For this purpose, it is possible to conduct a particular form of the flooding method—what is known as Winsor type III microemulsion flooding. In Winsor type III microemulsion flooding, the injected surfactants are supposed to form a Winsor type III microemulsion with the water phase and oil phase present in the deposit. A Winsor type III microemulsion is not an emulsion with particularly small droplets, but rather a thermodynamically stable, liquid mixture of water, oil and surfactants. The three advantages thereof are that                a very low interfacial tension σ between mineral oil and aqueous phase is thus achieved,        it generally has a very low viscosity and as a result is not trapped in a porous matrix,        it forms with even the smallest energy inputs and can remain stable over an infinitely long period (conventional emulsions, in contrast, require high shear forces which predominantly do not occur in the reservoir, and are merely kinetically stabilized).        
The Winsor type III microemulsion is in equilibrium with excess water and excess oil.

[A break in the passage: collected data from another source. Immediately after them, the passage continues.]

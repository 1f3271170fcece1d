-- ===== src/Interpreter/Exec/Operands.antt =====
-- crates/interpreter/src/exec.rs: the instructions of `step` on operands and locals.
use wasefire.Base.{ℕ, length, set, get_elem?, ltb, ◌==◌, Bool, true, false, if◌then◌else◌}
use wasefire.Interpreter.Mode.{Outcome, ok, fault}
use wasefire.Interpreter.Parser.Core.{total}
use wasefire.Interpreter.Exec.Values.{Val, unwrap_i32}
use wasefire.Interpreter.Exec.State.{
  Frame, Method, ◌>>=◌, ◌>>◌, pure, lift, on_frame, frame, peek_value, pop_value, push_value,
}
use wasefire.Interpreter.Exec.Numeric.{bit}

unfoldable pub pop_i32 : Method ℕ
pop_i32 = do v ← pop_value; lift (unwrap_i32 v)

-- Three operands, from the top.
unfoldable pub pop_range : Method (ℕ × ℕ × ℕ)
pop_range = do n ← pop_i32; s ← pop_i32; d ← pop_i32; pure (n, s, d)

unfoldable pub drop_value : Method (Unit {0})
drop_value = do pop_value; pure tt

unfoldable pub select : Method (Unit {0})
select = do c ← pop_i32; v2 ← pop_value; v1 ← pop_value; push_value (if c == 0 then v2 else v1)

-- `self.frame().locals[x]`, read and written.
unfoldable pub local : ℕ → Method Val
local x = do f ← frame; lift (total (get_elem? f.locals x))

unfoldable pub with_local : ℕ → Val → Frame → Outcome (Unit {0} × Frame)
with_local x v f =
    if ltb x (length f.locals) then ok (tt, record f { locals = set f.locals x v }) else fault

unfoldable pub set_local : ℕ → Val → Method (Unit {0})
set_local x v = on_frame (with_local x v)

unfoldable pub local_get : ℕ → Method (Unit {0})
local_get x = do v ← local x; push_value v

unfoldable pub local_set : ℕ → Method (Unit {0})
local_set x = do v ← pop_value; set_local x v

unfoldable pub local_tee : ℕ → Method (Unit {0})
local_tee x = do v ← peek_value; set_local x v

unfoldable pub is_null : Val → Bool
is_null (Val.null _) = true
is_null _ = false

unfoldable pub ref_is_null : Method (Unit {0})
ref_is_null = do v ← pop_value; push_value (Val.i32 (bit (is_null v)))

Under these conditions of microemulsion formation, the surfactants cover the oil-water interface and lower the interfacial tension σ more preferably to values of <10−2 mN/m (ultra-low interfacial tension). In order to achieve an optimal result, the proportion of the microemulsion in the water-microemulsion-oil system, for a defined amount of surfactant, should naturally be at a maximum, since this allows lower interfacial tensions to be achieved.
In this manner, it is possible to alter the form of the oil droplets (the interfacial tension between oil and water is lowered to such a degree that the smallest interface state is no longer favored and the spherical form is no longer preferred), and they can be forced through the capillary openings by the flooding water.
When all oil-water interfaces are covered with surfactant, in the presence of an excess amount of surfactant, the Winsor type III microemulsion forms. It thus constitutes a reservoir for surfactants which cause a very low interfacial tension between oil phase and water phase. By virtue of the Winsor type III microemulsion having a low viscosity, it also migrates through the porous deposit rock in the flooding process. Emulsions, in contrast, may remain suspended in the porous matrix and block deposits. If the Winsor type III microemulsion meets an oil-water interface as yet uncovered with surfactant, the surfactant from the microemulsion can significantly lower the interfacial tension of this new interface and lead to mobilization of the oil (for example by deformation of the oil droplets).
The oil droplets can subsequently combine to give a continuous oil bank. This has two advantages:
Firstly, as the continuous oil bank advances through new porous rock, the oil droplets present there can coalesce with the bank.
Moreover, the combination of the oil droplets to give an oil bank significantly reduces the oil-water interface and hence surfactant no longer required is released again. Thereafter, the surfactant released, as described above, can mobilize oil droplets remaining in the formation.
Winsor type III microemulsion flooding is consequently an exceptionally efficient process, and requires much less surfactant compared to an emulsion flooding process. In microemulsion flooding, the surfactants are typically optionally injected together with cosolvents and/or basic salts (optionally in the presence of chelating agents). Subsequently, a solution of thickening polymer is injected for mobility control. A further variant is the injection of a mixture of thickening polymer and surfactants, cosolvents and/or basic salts (optionally with chelating agent), and then a solution of thickening polymer for mobility control. These solutions should generally be clear in order to prevent blockages of the reservoir.
The use parameters, for example type, concentration and mixing ratio of the surfactants used relative to one another, are adjusted by the person skilled in the art to the conditions prevailing in a given oil formation (for example temperature and salt content).